A recording artist and minister who has performed in almost every state and more than 20 foreign countries, Ford is familiar to viewers of the popular Gaither Vocal Band Southern gospel videos. His solo recordings include his recent CD Psalms, Hymns and Spiritual Songs and the video Home to Ireland. A Christmas album with family and friends includes his daughter, Amy Ford Cochran, and old pal Larry Gatlin. It's quite a career for someone who once gave up a career in music altogether.
When Ford isn't touring, he's likely to be recording, although he says his family (which also includes five sons and two grandchildren) is his first priority. It's quite a life for someone who once gave up a career in music altogether. A native of Lubbock, Texas, Ford released his first record when he was a teen-ager. After studying music in college, he joined the Dixie Echoes, a gospel group in Pensacola. Then he met Sherryl, a Southwest Florida native who was also a gospel performer. Usually low-key and deliberate, Ford gets animated when he's talking about the subjects that inspire him-his religion, his music, and most of all, Sherryl. After he and Sherryl began their family, the couple left the music business and Ford became and became a pastor at churches in Texas and Florida. Then he got a call from James Blackwood.
A member of Blackwood's group was ill, and the singer asked Ford if he would step in. Ford said he'd help out until they found someone else.
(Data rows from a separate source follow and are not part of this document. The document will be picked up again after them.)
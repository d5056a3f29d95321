-- ===== src/Mux/Metadata.antt =====
-- The metadata block of a frame: the first half of vless/mux.rs.
pub mod Parse
pub mod Total
pub mod RoundTrip
use Prim.Native.Nat.{bit_and}
use v2ray.Prelude.{
  ℕ, ◌+◌, ◌*◌, ◌%◌, Bool, true, false, not, ◌&&◌, ◌||◌, Option, some, none, List, [], ◌∷◌, ◌++◌,
  ltb, leb, ◌==◌, if◌then◌else◌, length, be16, of_be16, zero, suc, bytes_eq,
}
use v2ray.Common.Result.{
  Result, ok, err, protocol, panic, stuck, ◌>>=◌, ◌>>◌, ensure, index, slice, unknown_status,
  unknown_network, missing_target, truncated,
}
use v2ray.Common.Address.{Address, ipv4, ipv6, domain}
use v2ray.Vless.Codec.{Command, tcp, udp, mux, mux_cool_domain, encode_address_port}
use v2ray.Vless.AddressPort.{decode_address_port_with_len}

abbrev pub opt_data : ℕ
opt_data = 0x01

abbrev pub xudp_session_id : ℕ
xudp_session_id = 0

pub data SessionStatus : Type 0 where
  new keep end keep_alive : SessionStatus

unfoldable pub status_byte : SessionStatus → ℕ
status_byte new = 0x01
status_byte keep = 0x02
status_byte end = 0x03
status_byte keep_alive = 0x04

unfoldable pub status_of : ℕ → Result SessionStatus
status_of b =
    if b == 0x01
    then ok new
    else if b == 0x02
    then ok keep
    else if b == 0x03
    then ok end
    else if b == 0x04
    then ok keep_alive
    else err (protocol (unknown_status b))

pub data TargetNetwork : Type 0 where
  net_tcp net_udp : TargetNetwork

unfoldable pub network_byte : TargetNetwork → ℕ
network_byte net_tcp = 0x01
network_byte net_udp = 0x02

unfoldable pub network_of : ℕ → Result TargetNetwork
network_of b =
    if b == 0x01
    then ok net_tcp
    else if b == 0x02
    then ok net_udp
    else err (protocol (unknown_network b))

pub record FrameMetadata : Type 0 where
  pub session_id : ℕ
  pub status : SessionStatus
  pub option : ℕ
  pub target : Option (TargetNetwork × Address)
  pub global_id : Option (List ℕ)

unfoldable pub is_mux_cool_dest : Address → Bool
is_mux_cool_dest (domain host p) = bytes_eq host mux_cool_domain
is_mux_cool_dest a = false

unfoldable pub is_mux_request : Command → Address → Bool
is_mux_request mux dest = true
is_mux_request c dest = is_mux_cool_dest dest

unfoldable pub encode_new_metadata : ℕ → Address → ℕ → Result (List ℕ)
unfolding status_byte network_byte
encode_new_metadata session_id dest opt = do
  target ← encode_address_port dest
  ok (be16 session_id ++ (status_byte new ∷ opt ∷ network_byte net_tcp ∷ target))

unfoldable pub encode_end_metadata : ℕ → ℕ → List ℕ
unfolding status_byte
encode_end_metadata session_id opt = be16 session_id ++ (status_byte end ∷ opt ∷ [])

unfoldable pub encode_new_metadata_xudp : Address → List ℕ → ℕ → Result (List ℕ)
unfolding status_byte network_byte
encode_new_metadata_xudp dest global_id opt = do
  target ← encode_address_port dest
  ok (
      be16 xudp_session_id
      ++ (status_byte new ∷ opt ∷ network_byte net_udp ∷ (target ++ global_id)))

unfoldable pub encode_keep_metadata_udp : ℕ → Address → ℕ → Result (List ℕ)
unfolding status_byte network_byte
encode_keep_metadata_udp session_id dest opt = do
  target ← encode_address_port dest
  ok (be16 session_id ++ (status_byte keep ∷ opt ∷ network_byte net_udp ∷ target))

unfoldable pub encode_keep_metadata : ℕ → ℕ → List ℕ
unfolding status_byte
encode_keep_metadata session_id opt = be16 session_id ++ (status_byte keep ∷ opt ∷ [])

-- One optional inbound block behind a target: what is left after it.
skip_extension : List ℕ → Result (List ℕ)
skip_extension rest = do
  kind ← index rest 0
  rest ← slice rest 1 (length rest)
  network ← network_of kind
  (addr, consumed) ← decode_address_port_with_len rest
  slice rest consumed (length rest)

skip_round : List ℕ → Result (List ℕ)
unfolding skip_extension
skip_round [] = ok []
skip_round (b ∷ bs) =
    let skipped = skip_extension (b ∷ bs) in
    if b == 0 then slice (b ∷ bs) 1 (length (b ∷ bs)) else skipped

-- Two rounds; a round on nothing leaves nothing.
unfoldable pub skip_mux_inbound_extensions : List ℕ → Result (List ℕ)
unfolding skip_round
skip_mux_inbound_extensions rest = do rest ← skip_round rest; skip_round rest

abbrev pub Target : Type 0
Target = Option (TargetNetwork × Address) × Option (List ℕ)

-- What follows the address of a `New` frame.
new_extensions : TargetNetwork → Address → ℕ → List ℕ → Result Target
new_extensions net_tcp addr option rest = do
  rest ← skip_mux_inbound_extensions rest
  ok (some (net_tcp, addr), none)
new_extensions net_udp addr option rest =
    let id = do gid ← slice rest 0 8; ok (some (net_udp, addr), some gid)
    in if not (bit_and option opt_data == 0) && leb 8 (length rest)
      then id
      else ok (some (net_udp, addr), none)

new_target : ℕ → List ℕ → Result Target
unfolding new_extensions
new_target option [] = err (protocol missing_target)
new_target option (b ∷ rest) = do
  network ← network_of b
  (addr, consumed) ← decode_address_port_with_len rest
  rest ← slice rest consumed (length rest)
  new_extensions network addr option rest

is_udp : Result TargetNetwork → Bool
is_udp (ok net_udp) = true
is_udp r = false

keep_target : List ℕ → Result Target
unfolding is_udp
keep_target [] = ok (none, none)
keep_target (b ∷ rest) =
    let found = do
      network ← network_of b
      (addr, consumed) ← decode_address_port_with_len rest
      ok (some (network, addr), none)
    in if is_udp (network_of b) then found else ok (none, none)

unfoldable pub parse_target : SessionStatus → ℕ → List ℕ → Result Target
unfolding new_target keep_target
parse_target new option rest = new_target option rest
parse_target keep option rest = keep_target rest
parse_target s option rest = ok (none, none)

unfoldable pub parse_metadata : List ℕ → Result FrameMetadata
unfolding parse_target status_of network_of
parse_metadata meta = do
  ensure (not (ltb (length meta) 4)) truncated
  hi ← index meta 0
  lo ← index meta 1
  status_code ← index meta 2
  status ← status_of status_code
  option ← index meta 3
  rest ← slice meta 4 (length meta)
  (target, global_id) ← parse_target status option rest
  ok (record {
    session_id = of_be16 hi lo;
    status = status;
    option = option;
    target = target;
    global_id = global_id;
  })

unfoldable pub is_udp_target : Option (TargetNetwork × Address) → Bool
is_udp_target (some (net_udp, addr)) = true
is_udp_target t = false

unfoldable pub xudp_status : SessionStatus → Option (List ℕ) → Bool
xudp_status keep id = true
xudp_status new (some gid) = true
xudp_status s id = false

unfoldable pub is_xudp_metadata : FrameMetadata → Bool
unfolding is_udp_target xudp_status
is_xudp_metadata meta =
    meta.session_id == xudp_session_id
    && (is_udp_target meta.target && xudp_status meta.status meta.global_id)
"One month ended up being two, and two months ended up being three and four, and then a year. Nine years later, I was still singing with them," Ford says. When Blackwood was in frail health, Ford accompanied him to the taping of one of the first Gaither videos. Producer Bill Gaither wasn't familiar with Ford's work, but plenty of the Southern gospel stars at the taping were, and they urged Gaither to invite him onstage.. That was more than a decade ago. Today his taped appearances and live concerts draw heartfelt fan mail to his office near downtown Fort Myers.
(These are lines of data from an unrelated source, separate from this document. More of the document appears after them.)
-- ===== src/Mux/Frame.antt =====
-- A whole frame: `encode_frame`, `parse_frame` and `read_mux_frame` of vless/mux.rs.
pub mod Total
pub mod RoundTrip
pub mod Read
use Prim.Native.Nat.{bit_and}
use v2ray.Prelude.{
  ℕ, ◌+◌, ◌*◌, Bool, not, Option, some, none, List, [], ◌∷◌, ◌++◌, ltb, ◌==◌, if◌then◌else◌, length,
  be16, of_be16,
}
use v2ray.Common.Result.{
  Result, ok, err, protocol, ◌>>=◌, ◌>>◌, ensure, index, slice, too_long, bad_length, truncated,
}
use v2ray.Common.Stream.{AsyncRead}
use v2ray.Mux.Metadata.{FrameMetadata, parse_metadata, opt_data}

abbrev pub max_meta_len : ℕ
max_meta_len = 512

abbrev pub max_data_len : ℕ
max_data_len = 512 * 1024

put_payload : Option (List ℕ) → Result (List ℕ)
put_payload none = ok []
put_payload (some bytes) = do
  ensure (not (ltb max_data_len (length bytes))) too_long
  ok (be16 (length bytes) ++ bytes)

-- `len() as u16` keeps the low sixteen bits, and so does `be16`.
unfoldable pub encode_frame : List ℕ → Option (List ℕ) → Result (List ℕ)
unfolding put_payload
encode_frame metadata payload = do
  ensure (not (ltb max_meta_len (length metadata))) too_long
  body ← put_payload payload
  ok (be16 (length metadata) ++ (metadata ++ body))

-- The payload of a frame whose metadata ends at `need`, and the length of the frame.
parse_payload : List ℕ → ℕ → ℕ → Result (Option (List ℕ) × ℕ)
parse_payload buf need option =
    let data_part = do
      ensure (not (ltb (length buf) (need + 2))) truncated
      hi ← index buf need
      lo ← index buf (need + 1)
      let data_len = of_be16 hi lo
      ensure (not (ltb max_data_len data_len)) (bad_length data_len)
      let consumed = need + (2 + data_len)
      ensure (not (ltb (length buf) consumed)) truncated
      bytes ← slice buf (need + 2) consumed
      ok (some bytes, consumed)
    in if bit_and option opt_data == 0 then ok (none, need) else data_part

unfoldable pub parse_frame : List ℕ → Result (FrameMetadata × Option (List ℕ) × ℕ)
unfolding parse_payload
parse_frame buf = do
  ensure (not (ltb (length buf) 2)) truncated
  hi ← index buf 0
  lo ← index buf 1
  let meta_len = of_be16 hi lo
  ensure (not (ltb max_meta_len meta_len)) (bad_length meta_len)
  let need = 2 + meta_len
  ensure (not (ltb (length buf) need)) truncated
  meta_buf ← slice buf 2 need
  meta ← parse_metadata meta_buf
  (payload, consumed) ← parse_payload buf need meta.option
  ok (meta, payload, consumed)

module _ (r : AsyncRead) where
  open r use {Stream, read_exact, read_u16}

  -- `if data_len > 0` guards a read of nothing.
  unfoldable pub read_bytes : ℕ → Stream → Result (List ℕ × Stream)
  read_bytes n s = if ltb 0 n then read_exact n s else ok ([], s)

  read_payload : ℕ → Stream → Result (Option (List ℕ) × Stream)
  unfolding read_bytes
  read_payload option s =
      let data_part = do
        (data_len, s) ← read_u16 s
        ensure (not (ltb max_data_len data_len)) (bad_length data_len)
        (bytes, s) ← read_bytes data_len s
        ok (some bytes, s)
      in if bit_and option opt_data == 0 then ok (none, s) else data_part

  unfoldable pub read_mux_frame : Stream → Result ((FrameMetadata × Option (List ℕ)) × Stream)
  unfolding read_payload
  read_mux_frame s = do
    (meta_len, s) ← read_u16 s
    ensure (not (ltb max_meta_len meta_len)) (bad_length meta_len)
    (meta_buf, s) ← read_exact meta_len s
    meta ← parse_metadata meta_buf
    (payload, s) ← read_payload meta.option s
    ok ((meta, payload), s)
As widely known as he is, Ford is not the only famous member of his family. Brother Bruce, a seasonal Naples resident, is an opera tenor whom the BBC calls "one of the finest singers of his generation." Larry, an opera buff himself, says, "We've gone in such different directions, musically, but when I go to London, people ask me if I have a brother who sings in the opera, and when he comes to Dallas or Chicago, they ask him if he has a brother who sings gospel music."
Although he loves the traditional Southern gospel that he and his brother grew up singing, Ford enjoys working with newer and more vocally challenging material. Currently he is rerecording his latest CD in Spanish, his concerts in South and Central America having let him know there is a market for such work. His latest release, available this month, is We Are America, recorded after Ford's performance of the Star Spangled Banner at a Boston Red Sox spring training game in Fort Myers led to numerous requests for a recorded version. "It's patriotic songs with spiritual overtones and spiritual songs with patriotic overtones," he says. "We want to find a way to reach out to the crowd that might not hear us in church."